O antropólogo não se formou em um curso de Antropologia. Aliás, nem esse curso, nem o curso de Ciências Sociais, grade da qual faz parte a antropologia, existiam. Boas cursou Geografia na Universidade de Heidelberg, e defendeu uma tese de doutorado em Física na Universidade de Kiel em 1881, com apenas 21 anos de idade.
Entre 1883 e 1884, o jovem estudante partiu em uma expedição para a ilha de Baffin, no extremo norte do Canadá, a fim de traçar um estudo cartográfico do local.
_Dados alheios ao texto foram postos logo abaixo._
-- ===== src/Games/Learn/Automaton.antt =====
-- The automata of crates/socsim-games/src/learn/automaton.rs for repeated games of two actions.
use rs_social_simulation_too.Prelude.{ℕ, ◌-◌, Bool, true, false, ◌&&◌, ◌==◌, leb}
use rs_social_simulation_too.Prelude.{if◌then◌else◌, Option, none, some, List, set, replicate}
use rs_social_simulation_too.Games.Learn.{Weights, Draw, LearnResult, ok, err}
use rs_social_simulation_too.Games.Learn.{
  invalid_cooperation_action, invalid_parameter, invalid_action,
}
use rs_social_simulation_too.Games.Learn.{sample_probabilities}

pub data AutomatonKind (F : Type 0) : Type 0 where
  all_c : AutomatonKind F
  all_d : AutomatonKind F
  grim : AutomatonKind F
  wsls : AutomatonKind F
  tft : AutomatonKind F
  gtft : F → AutomatonKind F

pub record AutomatonState (F : Type 0) : Type 0 where
  pub kind : AutomatonKind F
  pub coop : ℕ
  pub grim_triggered : Bool
  pub own_last : Option ℕ
  pub opponent_last : Option ℕ

module _ {F : Type 0} where
  -- `observe`, which changes nothing when it fails.
  unfoldable pub observe : AutomatonState F → ℕ → ℕ → LearnResult F Unit × AutomatonState F
  observe s own opponent =
      if leb 2 own
      then (err (invalid_action own 2), s)
      else if leb 2 opponent
      then (err (invalid_action opponent 2), s)
      else (
        ok tt,
        record s {
          grim_triggered = if opponent == s.coop then s.grim_triggered else true;
          own_last = some own;
          opponent_last = some opponent;
        },
      )

-- The table of `Wsls`.
abbrev pub wsls_action : ℕ → Option ℕ → Option ℕ → ℕ
wsls_action coop (some own) (some opponent) =
    if opponent == coop then own else if own == coop then 1 - coop else coop
wsls_action coop own_last opponent_last = coop

abbrev pub unwrap_or : ℕ → Option ℕ → ℕ
unwrap_or d none = d
unwrap_or d (some a) = a

module _ (w : Weights) where
  open w use {Float, nil, unit, is_finite, le, eq, sub}

  abbrev pub is_generosity : Float → Bool
  is_generosity g = is_finite g && (le nil g && le g unit)

  abbrev pub checked_kind : AutomatonKind Float → LearnResult Float Unit
  checked_kind (gtft g) = if is_generosity g then ok tt else err (invalid_parameter g)
  checked_kind kind = ok tt

  abbrev pub start_state :
      AutomatonKind Float → ℕ → LearnResult Float Unit → LearnResult Float (AutomatonState Float)
  start_state kind coop (err e) = err e
  start_state kind coop (ok u) = ok (record {
    kind = kind;
    coop = coop;
    grim_triggered = false;
    own_last = none;
    opponent_last = none;
  })

  unfoldable pub new : AutomatonKind Float → ℕ → LearnResult Float (AutomatonState Float)
  new kind coop =
      if leb 2 coop
      then err (invalid_cooperation_action coop)
      else start_state kind coop (checked_kind kind)

  -- The probabilities of generous tit-for-tat after a defection.
  abbrev pub forgiving : ℕ → Float → List Float
  forgiving coop g = set (set (replicate 2 nil) coop g) (1 - coop) (sub unit g)

  -- The closure `pure`.
  unfoldable pub pure : ℕ → LearnResult Float (List Float)
  pure action =
      if leb 2 action then err (invalid_action action 2) else ok (set (replicate 2 nil) action unit)

  abbrev pub gtft_probabilities : ℕ → Float → Option ℕ → LearnResult Float (List Float)
  gtft_probabilities coop g none = pure coop
  gtft_probabilities coop g (some action) =
      if action == coop then pure coop else ok (forgiving coop g)

  abbrev pub kind_probabilities :
      AutomatonState Float → AutomatonKind Float → LearnResult Float (List Float)
  kind_probabilities s all_c = pure s.coop
  kind_probabilities s all_d = pure (1 - s.coop)
  kind_probabilities s grim = pure (if s.grim_triggered then 1 - s.coop else s.coop)
  kind_probabilities s wsls = pure (wsls_action s.coop s.own_last s.opponent_last)
  kind_probabilities s tft = pure (unwrap_or s.coop s.opponent_last)
  kind_probabilities s (gtft g) =
      if is_generosity g
      then gtft_probabilities s.coop g s.opponent_last
      else err (invalid_parameter g)

  unfoldable pub next_action_probabilities : AutomatonState Float → LearnResult Float (List Float)
  unfolding pure
  next_action_probabilities s =
      if leb 2 s.coop then err (invalid_cooperation_action s.coop) else kind_probabilities s s.kind

  module _ {R : Type 0} (rng : Draw w R) where
    abbrev pub gtft_action : ℕ → Float → Option ℕ → R → LearnResult Float ℕ × R
    gtft_action coop g none r = (ok coop, r)
    gtft_action coop g (some action) r =
        if action == coop
        then (ok coop, r)
        else if eq g nil
        then (ok (1 - coop), r)
        else if eq g unit
        then (ok coop, r)
        else sample_probabilities w rng (forgiving coop g) r

    abbrev pub kind_action :
        AutomatonState Float → AutomatonKind Float → R → LearnResult Float ℕ × R
    kind_action s all_c r = (ok s.coop, r)
    kind_action s all_d r = (ok (1 - s.coop), r)
    kind_action s grim r = (ok (if s.grim_triggered then 1 - s.coop else s.coop), r)
    kind_action s wsls r = (ok (wsls_action s.coop s.own_last s.opponent_last), r)
    kind_action s tft r = (ok (unwrap_or s.coop s.opponent_last), r)
    kind_action s (gtft g) r = gtft_action s.coop g s.opponent_last r

    unfoldable pub next_action : AutomatonState Float → R → LearnResult Float ℕ × R
    unfolding sample_probabilities
    next_action s r = kind_action s s.kind r
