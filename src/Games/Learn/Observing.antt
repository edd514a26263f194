-- ===== src/Games/Learn/Observing.antt =====
-- The state of an automaton as a function of the history of the game.
use mathlib.Core.List.{append_assoc, append-nil}
use rs_social_simulation_too.Prelude.{ℕ, ◌<◌, ◌≡◌, refl, sym, ◌∙◌, ap, arith, Bool, true}
use rs_social_simulation_too.Prelude.{
  false, not, ◌||◌, ◌==◌, leb, Bool-cases, inl, inr, if◌then◌else◌, All, subst,
}
use rs_social_simulation_too.Prelude.{Option, none, some, List, [], ◌∷◌, ◌++◌, if_true, if_false}
use rs_social_simulation_too.Games.Learn.{LearnResult, ok, err}
use rs_social_simulation_too.Games.Learn.Automaton.{AutomatonKind, AutomatonState}
use rs_social_simulation_too.Games.Learn.Automaton.{observe}

-- The own action and the opponent's.
abbrev pub Round : Type 0
Round = ℕ × ℕ

abbrev pub last_round : List Round → Option Round
last_round [] = none
last_round (p ∷ []) = some p
last_round (p ∷ (q ∷ rounds)) = last_round (q ∷ rounds)

-- The opponent defected in some round.
abbrev pub has_defected : ℕ → List Round → Bool
has_defected coop [] = false
has_defected coop (p ∷ rounds) = not (p.1 == coop) || has_defected coop rounds

abbrev pub IsRound : Round → Type 0
IsRound p = (p.0 < 2) × (p.1 < 2)

last_round_append : (done : List Round) (p : Round) → last_round (done ++ (p ∷ [])) ≡ some p
last_round_append [] p = refl
last_round_append (q ∷ []) p = refl
last_round_append (q ∷ (q' ∷ done)) p = last_round_append (q' ∷ done) p

or_true : (b : Bool) → (b || true) ≡ true
or_true b = ground arith

has_defected_append :
    (coop : ℕ) (done : List Round) (p : Round)
    → has_defected coop (done ++ (p ∷ [])) ≡ (if p.1 == coop then has_defected coop done else true)
has_defected_append coop [] p = elim (Bool-cases (p.1 == coop)) [
  | inl e ↦ rw e refl
  | inr e ↦ rw e refl
]
has_defected_append coop (q ∷ done) p = elim (Bool-cases (p.1 == coop)) [
  | inl e ↦
      ap (λ (b : Bool). not (q.1 == coop) || b) (has_defected_append coop done p ∙ if_true _ _ e)
      ∙ sym (if_true _ _ e)
  | inr e ↦
      ap (λ (b : Bool). not (q.1 == coop) || b) (has_defected_append coop done p ∙ if_false _ _ e)
      ∙ or_true (not (q.1 == coop))
      ∙ sym (if_false _ _ e)
]

abbrev pub own_of : Option Round → Option ℕ
own_of none = none
own_of (some p) = some p.0

abbrev pub opponent_of : Option Round → Option ℕ
opponent_of none = none
opponent_of (some p) = some p.1

pub has_defected_within :
    (coop : ℕ) (before after : List Round) (own opponent : ℕ)
    → (opponent == coop) ≡ false
    → has_defected coop (before ++ ((own, opponent) ∷ after)) ≡ true
has_defected_within coop [] after own opponent e = rw e refl
has_defected_within coop (p ∷ before) after own opponent e =
    ap (λ (b : Bool). not (p.1 == coop) || b) (has_defected_within coop before after own opponent e)
    ∙ or_true (not (p.1 == coop))

pub last_round-IsRound :
    (rounds : List Round) (p : Round) → All IsRound rounds → last_round rounds ≡ some p → IsRound p
last_round-IsRound [] p all h = absurd cc
last_round-IsRound (q ∷ []) p (valid, all) h = let same : q ≡ p = cc in subst IsRound same valid
last_round-IsRound (q ∷ (q' ∷ rounds)) p (valid, all) h = last_round-IsRound (q' ∷ rounds) p all h

module _ {F : Type 0} where
  abbrev then_observe :
      LearnResult F Unit × AutomatonState F
      → (AutomatonState F → Option (AutomatonState F))
      → Option (AutomatonState F)
  then_observe (ok u, s) f = f s
  then_observe (err e, s) f = none

  -- One observation for each round; `none` where one is refused.
  abbrev pub observe_all : AutomatonState F → List Round → Option (AutomatonState F)
  observe_all s [] = some s
  observe_all s (p ∷ rounds) = then_observe (observe s p.0 p.1) (λ s'. observe_all s' rounds)

  abbrev pub state_with : AutomatonKind F → ℕ → Bool → Option Round → AutomatonState F
  state_with kind coop grim_triggered last = record {
    kind = kind;
    coop = coop;
    grim_triggered = grim_triggered;
    own_last = own_of last;
    opponent_last = opponent_of last;
  }

  -- The state after a history.
  abbrev pub state_after : AutomatonKind F → ℕ → List Round → AutomatonState F
  state_after kind coop rounds = state_with kind coop (has_defected coop rounds) (last_round rounds)

  observe-state_after :
      (kind : AutomatonKind F) (coop : ℕ) (done : List Round) (p : Round)
      → IsRound p
      → observe (state_after kind coop done) p.0 p.1
        ≡ (ok tt, state_after kind coop (done ++ (p ∷ [])))
  unfolding observe
  observe-state_after kind coop done p (own, opponent) =
      let first : leb 2 p.0 ≡ false = ground (arith, own) in
      let second : leb 2 p.1 ≡ false = ground (arith, opponent) in
      if_false _ _ first
      ∙ if_false _ _ second
      ∙ rw (last_round_append done p, has_defected_append coop done p) refl

  pub observe_all-state_after :
      (kind : AutomatonKind F) (coop : ℕ) (done rounds : List Round)
      → All IsRound rounds
      → observe_all (state_after kind coop done) rounds
        ≡ some (state_after kind coop (done ++ rounds))
  observe_all-state_after kind coop done [] all =
      ap (λ (rounds : List Round). some (state_after kind coop rounds)) (sym (append-nil done))
  observe_all-state_after kind coop done (p ∷ rounds) (valid, all) =
      rw (observe_all, observe-state_after kind coop done p valid)
        (observe_all-state_after kind coop (done ++ (p ∷ [])) rounds all
          ∙ ap (λ (rounds : List Round). some (state_after kind coop rounds))
              (append_assoc done (p ∷ []) rounds))
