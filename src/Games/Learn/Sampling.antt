-- ===== src/Games/Learn/Sampling.antt =====
-- What sampling from weights returns.
use rs_social_simulation_too.Prelude.{
  ℕ, zero, suc, ◌+◌, ◌<◌, ◌≡◌, refl, sym, ◌∙◌, ap, arith, Bool, true,
}
use rs_social_simulation_too.Prelude.{
  false, not, ◌||◌, Bool-cases, inl, inr, ◌⊎◌, if◌then◌else◌, if_true, if_false,
}
use rs_social_simulation_too.Prelude.{Option, none, some, List, [], ◌∷◌, get_elem?, subst}
use rs_social_simulation_too.Games.Learn.{Weights, Draw, LearnResult, ok, err, invalid_probability}
use rs_social_simulation_too.Games.Learn.{
  empty_probability_mass, is_invalid, check_weights, pick, pick_checked,
}
use rs_social_simulation_too.Games.Learn.{sample_probabilities}

module _ (w : Weights) where
  open w use {Float, nil, is_finite, lt, add, add_zero}

  -- The weight at an index.
  abbrev pub WeightAt : List Float → ℕ → (Float → Type 0) → Type 0
  WeightAt vs i P = (v : Float) × (get_elem? vs i ≡ some v) × P v

  abbrev pub IsValid : List Float → Type 0
  IsValid vs = (i : ℕ) (v : Float) → get_elem? vs i ≡ some v → is_invalid w v ≡ false

  -- The end of the first loop, entered at the index `i`.
  data Checked (i : ℕ) (before : Option ℕ) (vs : List Float)
      : LearnResult Float (Option ℕ) → Type 0 where
    bad :
        (p j : ℕ) (v : Float)
        → i + j ≡ p
        → get_elem? vs j ≡ some v
        → is_invalid w v ≡ true
        → ((k : ℕ) (u : Float) → k < j → get_elem? vs k ≡ some u → is_invalid w u ≡ false)
        → Checked i before vs (err (invalid_probability p v))
    massless :
        IsValid vs
        → ((k : ℕ) (u : Float) → get_elem? vs k ≡ some u → lt nil u ≡ false)
        → Checked i before vs (ok before)
    massive :
        (p j : ℕ)
        → i + j ≡ p
        → IsValid vs
        → WeightAt vs j (λ v. lt nil v ≡ true)
        → Checked i before vs (ok (some p))

  -- What holds of the first element and of each later one.
  every :
      (P : Float → Type 0) (v : Float) (vs : List Float)
      → P v
      → ((k : ℕ) (u : Float) → get_elem? vs k ≡ some u → P u)
      → (k : ℕ) (u : Float) → get_elem? (v ∷ vs) k ≡ some u
      → P u
  every P v vs first rest zero u e = subst P (some_injective v u e) first
    where
      some_injective : (v u : Float) → some v ≡ some u → v ≡ u
      some_injective v u e = cc
  every P v vs first rest (suc k) u e = rest k u e

  extend :
      (i : ℕ) (before : Option ℕ) (v : Float) (vs : List Float)
      (result : LearnResult Float (Option ℕ))
      → is_invalid w v ≡ false
      → Checked (i + 1) (if lt nil v then some i else before) vs result
      → Checked i before (v ∷ vs) result
  extend i before v vs result valid (bad p j u place at_j invalid earlier) =
      bad p (suc j) u (omega arith) at_j invalid (earlier_too earlier)
    where
      earlier_too :
          ((k : ℕ) (u : Float) → k < j → get_elem? vs k ≡ some u → is_invalid w u ≡ false)
          → (k : ℕ) (u : Float) → k < suc j
          → get_elem? (v ∷ vs) k ≡ some u
          → is_invalid w u ≡ false
      earlier_too h zero u k e = let same : v ≡ u = cc in rw (sym same) valid
      earlier_too h (suc l) u k e = h l u (omega arith) e
  extend i before v vs result valid (massive p j place all at_j) =
      massive p (suc j) (omega arith) (every (λ (x : Float). is_invalid w x ≡ false) v vs valid all)
        at_j
  extend i before v vs result valid (massless all none_positive) = elim (Bool-cases (lt nil v)) [
    | inl e ↦ rw e (
        massive i 0 (omega arith) (every (λ (x : Float). is_invalid w x ≡ false) v vs valid all)
          (v, refl, e))
    | inr e ↦ rw e (
        massless (every (λ (x : Float). is_invalid w x ≡ false) v vs valid all)
          (every (λ (x : Float). lt nil x ≡ false) v vs e none_positive))
  ]

  check_weights-Checked :
      (i : ℕ) (before : Option ℕ) (vs : List Float)
      → Checked i before vs (check_weights w i before vs)
  unfolding check_weights
  check_weights-Checked i before [] = massless (λ k v e. absurd cc) (λ k v e. absurd cc)
  check_weights-Checked i before (v ∷ vs) = elim (Bool-cases (is_invalid w v)) [
    | inl e ↦
        subst (Checked i before (v ∷ vs)) (sym (if_true _ _ e))
          (bad i 0 v (omega arith) refl e (λ k u h. absurd (omega arith)))
    | inr e ↦ subst (Checked i before (v ∷ vs)) (sym (if_false _ _ e)) (
        extend i before v vs _ e
          (check_weights-Checked (i + 1) (if lt nil v then some i else before) vs))
  ]

  -- The second loop ends at an index of positive weight, or at the one it was given.
  pick_positive :
      (d c : Float) (last_positive i : ℕ) (vs : List Float)
      → IsValid vs
      → lt d c ≡ false
      → (pick w d c last_positive i vs ≡ last_positive)
        ⊎ ((j : ℕ) × (pick w d c last_positive i vs ≡ i + j) × WeightAt vs j (λ v. lt nil v ≡ true))
  unfolding pick
  pick_positive d c last_positive i [] all above = inl refl
  pick_positive d c last_positive i (v ∷ vs) all above = elim (Bool-cases (lt d (add c v))) [
    | inl e ↦ inr (0, if_true _ _ e ∙ omega arith, (v, refl, positive (Bool-cases (lt nil v)) e))
    | inr e ↦ elim (pick_positive d (add c v) last_positive (i + 1) vs (λ k. all (suc k)) e) [
      | inl end ↦ inl (if_false _ _ e ∙ end)
      | inr (j, place, at_j) ↦ inr (suc j, if_false _ _ e ∙ place ∙ omega arith, at_j)
    ]
  ]
    where
      differ : {b : Bool} → b ≡ true → b ≡ false → ⊥
      differ h k = cc

      finite : (a b : Bool) → (not a || b) ≡ false → a ≡ true
      finite a b h = ground arith

      not_negative : (a b : Bool) → (not a || b) ≡ false → b ≡ false
      not_negative a b h = ground arith

      positive : (lt nil v ≡ true) ⊎ (lt nil v ≡ false) → lt d (add c v) ≡ true → lt nil v ≡ true
      positive (inl h) e = h
      positive (inr h) e =
          let valid : is_invalid w v ≡ false = all 0 v refl in
          absurd (
            differ
              (add_zero c v d (finite (is_finite v) (lt v nil) valid)
                (not_negative (is_finite v) (lt v nil) valid) h e)
              above)

  -- The outcomes of sampling, and the stream that is left.
  pub data Samples {R : Type 0} (rng : Draw w R) (vs : List Float) (r : R)
      : LearnResult Float ℕ × R → Type 0 where
    first_invalid :
        (j : ℕ) (v : Float)
        → get_elem? vs j ≡ some v
        → is_invalid w v ≡ true
        → ((k : ℕ) (u : Float) → k < j → get_elem? vs k ≡ some u → is_invalid w u ≡ false)
        → Samples rng vs r (err (invalid_probability j v), r)
    no_mass :
        IsValid vs
        → ((k : ℕ) (u : Float) → get_elem? vs k ≡ some u → lt nil u ≡ false)
        → Samples rng vs r (err empty_probability_mass, r)
    drawn :
        IsValid vs
        → (j : ℕ) → WeightAt vs j (λ v. lt nil v ≡ true)
        → Samples rng vs r (ok j, (rng.draw r).1)

  -- For any weights, sampling draws once and returns an index whose weight is above zero, so never an
  -- action of weight zero; or it draws nothing and reports the first weight that is negative or not finite,
  -- or else that no weight is above zero.
  pub sample_probabilities-Samples :
      {R : Type 0} (rng : Draw w R) (vs : List Float) (r : R)
      → Samples rng vs r (sample_probabilities w rng vs r)
  unfolding sample_probabilities
  sample_probabilities-Samples rng vs r =
      by_outcome (check_weights w 0 none vs) (check_weights-Checked 0 none vs)
    where
      by_outcome :
          (result : LearnResult Float (Option ℕ))
          → Checked 0 none vs result
          → Samples rng vs r (pick_checked w rng vs r result)
      by_outcome result (bad p j v place at_j invalid earlier) =
          let same : j ≡ p = omega arith in
          first_invalid p v (ap (get_elem? vs) (sym same) ∙ at_j) invalid
            (λ k u h. earlier k u (omega arith))
      by_outcome result (massless all none_positive) = no_mass all none_positive
      by_outcome result (massive p j place all (v, at_j, positive)) =
          elim (pick_positive (rng.draw r).0 nil p 0 vs all (rng.draw_not_negative r)) [
            | inl e ↦
                let same : j ≡ p = omega arith in
                rw e (drawn all p (v, ap (get_elem? vs) (sym same) ∙ at_j, positive))
            | inr (k, e, at_k) ↦
                let same : 0 + k ≡ k = omega arith in rw (e, same) (drawn all k at_k)
          ]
Foi nesse momento que Boas teve a sua primeira experiência antropológica ao conviver com os inuítes, nativos da região.
Boas percebeu, com o convívio diário com aquelas pessoas, que entender a sua cultura era um processo muito mais complexo do que vinham teorizando os então estudiosos de antropologia. Era preciso entrar em contato direto com o povo, imergir em sua cultura e, o mais fundamental, aprender a sua língua. Boas também percebeu que aquelas pessoas eram muito diferentes dos europeus em aspectos físicos e culturais, mas que isso não os tornava inferiores.
O antissemitismo era um problema que já assolava judeus alemães há séculos e começou a ganhar mais espaço no fim do século XIX. Motivado por isso, Boas mudou-se para os Estados Unidos em 1886. Nesse mesmo ano, organizou uma expedição antropológica para a província canadense Colúmbia Britânica, para iniciar um estudo etnográfico dos povos nativos daquela região.
Em 1892, Boas foi contratado como professor de antropologia da Universidade de Clark, em Massachussetts. Em 1896, ele se tornou curador do Museu Americano de História Natural, em Nova Iorque. Em 1899, ele se tornou professor de antropologia da Universidade de Colúmbia, também na cidade de Nova Iorque, onde residiu (enquanto não viajava a trabalho) até a sua morte.
Seus estudos avançaram muito desde então, e ele se tornou uma referência nos estudos antropológicos nos Estados Unidos. Com sua pesquisa, Boas conseguiu evidenciar os erros da corrente teórica que tinha originado a antropologia, que era o evolucionismo social. O evolucionismo, ou darwinismo social, apontava uma hierarquia de desenvolvimento da espécie humana por meio das raças, o que poderia ser medido pela cultura.
Essa linha de pensamento afirmava serem as pessoas brancas mais desenvolvidas, as negras menos desenvolvidas, e os indígenas e orientais estariam entre os dois extremos na linha de desenvolvimento intelectual e cultural. Para Boas, esses trabalhos não evidenciavam teorias científicas, pois eles não recorriam a um método preciso para analisar-se os grupos em questão. Tratava-se de abstrações teóricas sem fundamento científico e com pretensões racistas.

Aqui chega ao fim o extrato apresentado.